YOUR GOAL
Every line of the records below from the line with "xs)) (rec q hq))" up to and including the line with "elim (Bool-cases (q" must be reproduced exactly, and no line outside that range.

DATA RECORDS

%%

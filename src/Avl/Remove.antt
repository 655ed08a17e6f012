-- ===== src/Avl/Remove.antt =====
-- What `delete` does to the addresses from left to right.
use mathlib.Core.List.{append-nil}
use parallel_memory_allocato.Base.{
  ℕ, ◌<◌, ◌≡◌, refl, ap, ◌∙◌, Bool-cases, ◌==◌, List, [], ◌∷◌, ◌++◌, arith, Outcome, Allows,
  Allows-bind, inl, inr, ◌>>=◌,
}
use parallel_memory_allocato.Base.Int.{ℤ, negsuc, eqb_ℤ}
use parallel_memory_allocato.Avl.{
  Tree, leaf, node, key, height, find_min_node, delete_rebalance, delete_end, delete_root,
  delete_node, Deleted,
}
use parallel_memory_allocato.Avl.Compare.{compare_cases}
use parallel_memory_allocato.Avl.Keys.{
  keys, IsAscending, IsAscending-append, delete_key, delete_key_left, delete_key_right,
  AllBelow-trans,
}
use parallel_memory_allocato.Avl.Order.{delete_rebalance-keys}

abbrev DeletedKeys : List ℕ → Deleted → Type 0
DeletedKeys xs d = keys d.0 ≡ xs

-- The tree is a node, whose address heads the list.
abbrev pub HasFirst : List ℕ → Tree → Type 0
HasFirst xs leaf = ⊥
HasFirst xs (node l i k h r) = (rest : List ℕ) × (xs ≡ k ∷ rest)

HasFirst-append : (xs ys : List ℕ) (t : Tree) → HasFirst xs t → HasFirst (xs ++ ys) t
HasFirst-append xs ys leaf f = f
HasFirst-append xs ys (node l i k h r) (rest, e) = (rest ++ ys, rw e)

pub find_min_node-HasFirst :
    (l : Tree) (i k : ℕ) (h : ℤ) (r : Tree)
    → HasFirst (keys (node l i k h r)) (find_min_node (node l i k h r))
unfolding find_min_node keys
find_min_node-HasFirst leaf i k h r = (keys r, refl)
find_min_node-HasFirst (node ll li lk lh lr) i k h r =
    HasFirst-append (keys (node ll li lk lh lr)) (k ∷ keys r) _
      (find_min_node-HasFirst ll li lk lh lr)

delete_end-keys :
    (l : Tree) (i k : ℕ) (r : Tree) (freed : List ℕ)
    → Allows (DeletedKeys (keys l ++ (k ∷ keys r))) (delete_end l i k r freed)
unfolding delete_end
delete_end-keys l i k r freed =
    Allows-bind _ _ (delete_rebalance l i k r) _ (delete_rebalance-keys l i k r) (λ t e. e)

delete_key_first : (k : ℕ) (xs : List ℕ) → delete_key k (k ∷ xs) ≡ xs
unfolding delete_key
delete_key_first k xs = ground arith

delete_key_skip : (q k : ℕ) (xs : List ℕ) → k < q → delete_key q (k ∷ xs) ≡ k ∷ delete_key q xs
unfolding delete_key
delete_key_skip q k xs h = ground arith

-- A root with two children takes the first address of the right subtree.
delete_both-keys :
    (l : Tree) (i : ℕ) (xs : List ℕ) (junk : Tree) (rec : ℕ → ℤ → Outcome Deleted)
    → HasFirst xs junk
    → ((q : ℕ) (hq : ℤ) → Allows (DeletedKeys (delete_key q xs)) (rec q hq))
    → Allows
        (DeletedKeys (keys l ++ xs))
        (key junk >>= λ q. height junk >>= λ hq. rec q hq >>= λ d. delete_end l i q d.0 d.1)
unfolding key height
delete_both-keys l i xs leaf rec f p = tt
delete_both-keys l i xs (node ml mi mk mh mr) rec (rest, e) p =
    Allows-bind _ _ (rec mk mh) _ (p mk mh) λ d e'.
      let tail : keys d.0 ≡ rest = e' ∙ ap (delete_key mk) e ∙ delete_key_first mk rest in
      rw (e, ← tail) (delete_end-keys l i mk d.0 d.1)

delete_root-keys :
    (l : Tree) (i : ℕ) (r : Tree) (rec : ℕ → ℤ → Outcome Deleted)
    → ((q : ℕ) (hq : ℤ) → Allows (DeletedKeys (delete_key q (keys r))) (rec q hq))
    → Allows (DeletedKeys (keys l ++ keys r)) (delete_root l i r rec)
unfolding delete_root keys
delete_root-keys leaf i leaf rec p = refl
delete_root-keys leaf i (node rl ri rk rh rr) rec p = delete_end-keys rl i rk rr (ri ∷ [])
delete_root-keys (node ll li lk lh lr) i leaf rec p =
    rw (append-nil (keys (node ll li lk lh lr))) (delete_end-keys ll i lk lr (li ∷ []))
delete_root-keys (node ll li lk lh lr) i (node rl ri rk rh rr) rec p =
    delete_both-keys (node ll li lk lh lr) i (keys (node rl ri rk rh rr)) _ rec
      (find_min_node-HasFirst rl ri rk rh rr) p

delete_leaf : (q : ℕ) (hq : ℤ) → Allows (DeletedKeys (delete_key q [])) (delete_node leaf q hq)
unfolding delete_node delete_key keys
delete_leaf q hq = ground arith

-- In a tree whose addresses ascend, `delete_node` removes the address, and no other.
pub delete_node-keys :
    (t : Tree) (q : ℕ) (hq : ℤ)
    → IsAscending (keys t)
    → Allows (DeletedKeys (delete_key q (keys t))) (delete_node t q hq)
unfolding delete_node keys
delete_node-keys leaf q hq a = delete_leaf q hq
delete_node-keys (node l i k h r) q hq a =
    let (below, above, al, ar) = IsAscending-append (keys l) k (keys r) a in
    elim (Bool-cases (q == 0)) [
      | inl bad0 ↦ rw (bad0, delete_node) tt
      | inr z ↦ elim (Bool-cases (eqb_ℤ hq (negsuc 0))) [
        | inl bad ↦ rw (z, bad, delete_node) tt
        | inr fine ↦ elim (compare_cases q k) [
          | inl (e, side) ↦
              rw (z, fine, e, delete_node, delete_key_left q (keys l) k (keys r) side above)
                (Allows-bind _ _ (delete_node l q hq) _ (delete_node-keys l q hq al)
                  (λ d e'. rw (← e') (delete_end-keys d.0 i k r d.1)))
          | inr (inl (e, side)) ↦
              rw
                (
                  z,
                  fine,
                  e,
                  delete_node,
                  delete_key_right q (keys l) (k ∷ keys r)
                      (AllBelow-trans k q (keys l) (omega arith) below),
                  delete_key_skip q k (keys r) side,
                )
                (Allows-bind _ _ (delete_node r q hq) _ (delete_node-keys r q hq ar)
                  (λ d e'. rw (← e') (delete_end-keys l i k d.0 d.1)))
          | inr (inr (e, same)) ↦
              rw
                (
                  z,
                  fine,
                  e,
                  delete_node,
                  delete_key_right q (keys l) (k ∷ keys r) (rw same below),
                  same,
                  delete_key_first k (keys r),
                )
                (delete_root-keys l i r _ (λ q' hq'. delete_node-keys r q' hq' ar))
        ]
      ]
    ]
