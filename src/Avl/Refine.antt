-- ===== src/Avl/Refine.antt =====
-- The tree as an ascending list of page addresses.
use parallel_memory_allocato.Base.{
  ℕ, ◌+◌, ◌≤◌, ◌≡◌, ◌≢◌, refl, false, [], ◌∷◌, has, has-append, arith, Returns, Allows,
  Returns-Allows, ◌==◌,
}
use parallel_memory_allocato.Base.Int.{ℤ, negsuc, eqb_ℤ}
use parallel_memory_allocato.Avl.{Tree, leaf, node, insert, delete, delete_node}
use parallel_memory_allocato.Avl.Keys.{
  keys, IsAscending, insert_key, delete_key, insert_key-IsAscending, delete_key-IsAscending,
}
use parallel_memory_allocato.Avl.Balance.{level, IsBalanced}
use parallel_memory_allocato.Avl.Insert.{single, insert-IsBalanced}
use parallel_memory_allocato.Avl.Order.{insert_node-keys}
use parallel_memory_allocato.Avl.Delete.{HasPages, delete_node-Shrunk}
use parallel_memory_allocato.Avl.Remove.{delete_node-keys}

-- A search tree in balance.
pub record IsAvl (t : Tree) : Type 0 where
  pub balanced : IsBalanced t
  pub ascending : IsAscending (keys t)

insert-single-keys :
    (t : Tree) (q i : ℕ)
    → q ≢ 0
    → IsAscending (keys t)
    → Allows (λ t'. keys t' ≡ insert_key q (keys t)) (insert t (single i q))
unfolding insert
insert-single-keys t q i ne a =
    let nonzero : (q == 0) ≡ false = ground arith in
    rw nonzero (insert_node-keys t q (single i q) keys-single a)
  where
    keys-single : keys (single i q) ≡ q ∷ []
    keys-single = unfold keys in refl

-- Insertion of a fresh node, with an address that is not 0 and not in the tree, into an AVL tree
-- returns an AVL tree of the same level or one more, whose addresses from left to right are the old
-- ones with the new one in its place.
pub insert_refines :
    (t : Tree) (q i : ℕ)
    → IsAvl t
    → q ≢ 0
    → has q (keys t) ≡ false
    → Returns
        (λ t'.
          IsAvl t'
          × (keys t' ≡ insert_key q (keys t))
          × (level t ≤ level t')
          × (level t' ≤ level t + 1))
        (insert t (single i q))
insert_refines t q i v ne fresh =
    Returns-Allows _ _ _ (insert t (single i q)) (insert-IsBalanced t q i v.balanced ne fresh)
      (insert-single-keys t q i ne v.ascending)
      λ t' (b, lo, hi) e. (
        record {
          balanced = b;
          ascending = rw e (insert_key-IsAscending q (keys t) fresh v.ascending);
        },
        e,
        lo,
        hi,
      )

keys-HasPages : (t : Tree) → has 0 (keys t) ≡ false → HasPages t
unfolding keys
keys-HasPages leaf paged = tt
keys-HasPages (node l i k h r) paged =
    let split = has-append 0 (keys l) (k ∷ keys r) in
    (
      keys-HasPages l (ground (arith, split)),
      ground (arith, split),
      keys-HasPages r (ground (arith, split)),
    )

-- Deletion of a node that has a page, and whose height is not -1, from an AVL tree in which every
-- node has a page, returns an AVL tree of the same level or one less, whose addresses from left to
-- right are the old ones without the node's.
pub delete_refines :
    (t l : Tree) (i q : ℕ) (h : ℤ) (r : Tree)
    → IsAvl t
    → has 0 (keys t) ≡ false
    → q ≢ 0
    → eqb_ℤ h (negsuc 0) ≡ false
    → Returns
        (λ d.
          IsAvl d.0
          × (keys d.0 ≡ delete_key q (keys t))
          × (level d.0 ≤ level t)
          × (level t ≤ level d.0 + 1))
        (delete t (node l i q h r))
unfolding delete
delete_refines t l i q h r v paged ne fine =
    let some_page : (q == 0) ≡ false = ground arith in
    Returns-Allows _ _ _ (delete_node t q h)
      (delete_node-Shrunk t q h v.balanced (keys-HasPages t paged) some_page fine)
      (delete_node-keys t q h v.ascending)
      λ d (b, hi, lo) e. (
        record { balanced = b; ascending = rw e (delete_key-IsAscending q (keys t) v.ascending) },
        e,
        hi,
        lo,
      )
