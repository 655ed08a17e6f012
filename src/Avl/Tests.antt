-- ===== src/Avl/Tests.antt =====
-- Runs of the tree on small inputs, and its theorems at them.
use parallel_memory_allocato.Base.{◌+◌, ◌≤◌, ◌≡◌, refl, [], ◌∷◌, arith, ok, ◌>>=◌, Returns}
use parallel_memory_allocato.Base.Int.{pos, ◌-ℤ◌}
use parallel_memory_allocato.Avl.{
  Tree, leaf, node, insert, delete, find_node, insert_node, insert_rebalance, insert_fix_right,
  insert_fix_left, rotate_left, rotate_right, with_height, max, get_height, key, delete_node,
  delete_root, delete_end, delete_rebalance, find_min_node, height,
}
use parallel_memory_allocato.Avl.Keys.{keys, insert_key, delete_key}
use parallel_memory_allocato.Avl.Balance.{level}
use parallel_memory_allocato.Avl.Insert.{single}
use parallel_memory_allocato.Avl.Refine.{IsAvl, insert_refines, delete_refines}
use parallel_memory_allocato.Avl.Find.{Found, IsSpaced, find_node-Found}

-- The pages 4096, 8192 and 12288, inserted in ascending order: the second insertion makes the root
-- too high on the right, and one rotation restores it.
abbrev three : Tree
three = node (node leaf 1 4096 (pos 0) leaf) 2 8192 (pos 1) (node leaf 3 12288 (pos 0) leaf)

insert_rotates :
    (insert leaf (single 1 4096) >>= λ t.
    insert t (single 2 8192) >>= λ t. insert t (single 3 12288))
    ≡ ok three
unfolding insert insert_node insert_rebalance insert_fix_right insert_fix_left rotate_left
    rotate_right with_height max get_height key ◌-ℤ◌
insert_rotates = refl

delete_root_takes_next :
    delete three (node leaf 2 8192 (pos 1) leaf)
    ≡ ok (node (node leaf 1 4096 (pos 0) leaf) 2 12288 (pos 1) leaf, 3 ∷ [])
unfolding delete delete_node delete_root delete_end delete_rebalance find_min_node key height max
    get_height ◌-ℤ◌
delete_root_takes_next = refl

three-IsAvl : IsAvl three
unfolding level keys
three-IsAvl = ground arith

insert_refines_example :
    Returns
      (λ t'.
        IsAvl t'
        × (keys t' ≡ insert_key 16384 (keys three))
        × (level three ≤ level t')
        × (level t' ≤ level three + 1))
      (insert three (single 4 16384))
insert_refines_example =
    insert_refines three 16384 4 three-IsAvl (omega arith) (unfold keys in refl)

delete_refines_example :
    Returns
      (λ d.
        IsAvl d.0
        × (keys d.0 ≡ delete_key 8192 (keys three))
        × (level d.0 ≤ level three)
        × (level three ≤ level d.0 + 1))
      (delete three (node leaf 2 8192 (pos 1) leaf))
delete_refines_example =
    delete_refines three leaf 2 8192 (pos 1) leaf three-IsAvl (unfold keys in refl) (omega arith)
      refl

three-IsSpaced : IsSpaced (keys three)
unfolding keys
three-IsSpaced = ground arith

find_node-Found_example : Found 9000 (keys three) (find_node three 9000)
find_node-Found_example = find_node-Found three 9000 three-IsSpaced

%%

WRITTEN ANSWER
    → ((q : ℕ) (hq : ℤ) → Allows (DeletedKeys (delete_key q xs)) (rec q hq))
    → Allows
        (DeletedKeys (keys l ++ xs))
        (key junk >>= λ q. height junk >>= λ hq. rec q hq >>= λ d. delete_end l i q d.0 d.1)
unfolding key height
delete_both-keys l i xs leaf rec f p = tt
delete_both-keys l i xs (node ml mi mk mh mr) rec (rest, e) p =
    Allows-bind _ _ (rec mk mh) _ (p mk mh) λ d e'.
      let tail : keys d.0 ≡ rest = e' ∙ ap (delete_key mk) e ∙ delete_key_first mk rest in
      rw (e, ← tail) (delete_end-keys l i mk d.0 d.1)

delete_root-keys :
    (l : Tree) (i : ℕ) (r : Tree) (rec : ℕ → ℤ → Outcome Deleted)
    → ((q : ℕ) (hq : ℤ) → Allows (DeletedKeys (delete_key q (keys r))) (rec q hq))
    → Allows (DeletedKeys (keys l ++ keys r)) (delete_root l i r rec)
unfolding delete_root keys
delete_root-keys leaf i leaf rec p = refl
delete_root-keys leaf i (node rl ri rk rh rr) rec p = delete_end-keys rl i rk rr (ri ∷ [])
delete_root-keys (node ll li lk lh lr) i leaf rec p =
    rw (append-nil (keys (node ll li lk lh lr))) (delete_end-keys ll i lk lr (li ∷ []))
delete_root-keys (node ll li lk lh lr) i (node rl ri rk rh rr) rec p =
    delete_both-keys (node ll li lk lh lr) i (keys (node rl ri rk rh rr)) _ rec
      (find_min_node-HasFirst rl ri rk rh rr) p

delete_leaf : (q : ℕ) (hq : ℤ) → Allows (DeletedKeys (delete_key q [])) (delete_node leaf q hq)
unfolding delete_node delete_key keys
delete_leaf q hq = ground arith

-- In a tree whose addresses ascend, `delete_node` removes the address, and no other.
pub delete_node-keys :
    (t : Tree) (q : ℕ) (hq : ℤ)
    → IsAscending (keys t)
    → Allows (DeletedKeys (delete_key q (keys t))) (delete_node t q hq)
unfolding delete_node keys
delete_node-keys leaf q hq a = delete_leaf q hq
delete_node-keys (node l i k h r) q hq a =
    let (below, above, al, ar) = IsAscending-append (keys l) k (keys r) a in
    elim (Bool-cases (q == 0)) [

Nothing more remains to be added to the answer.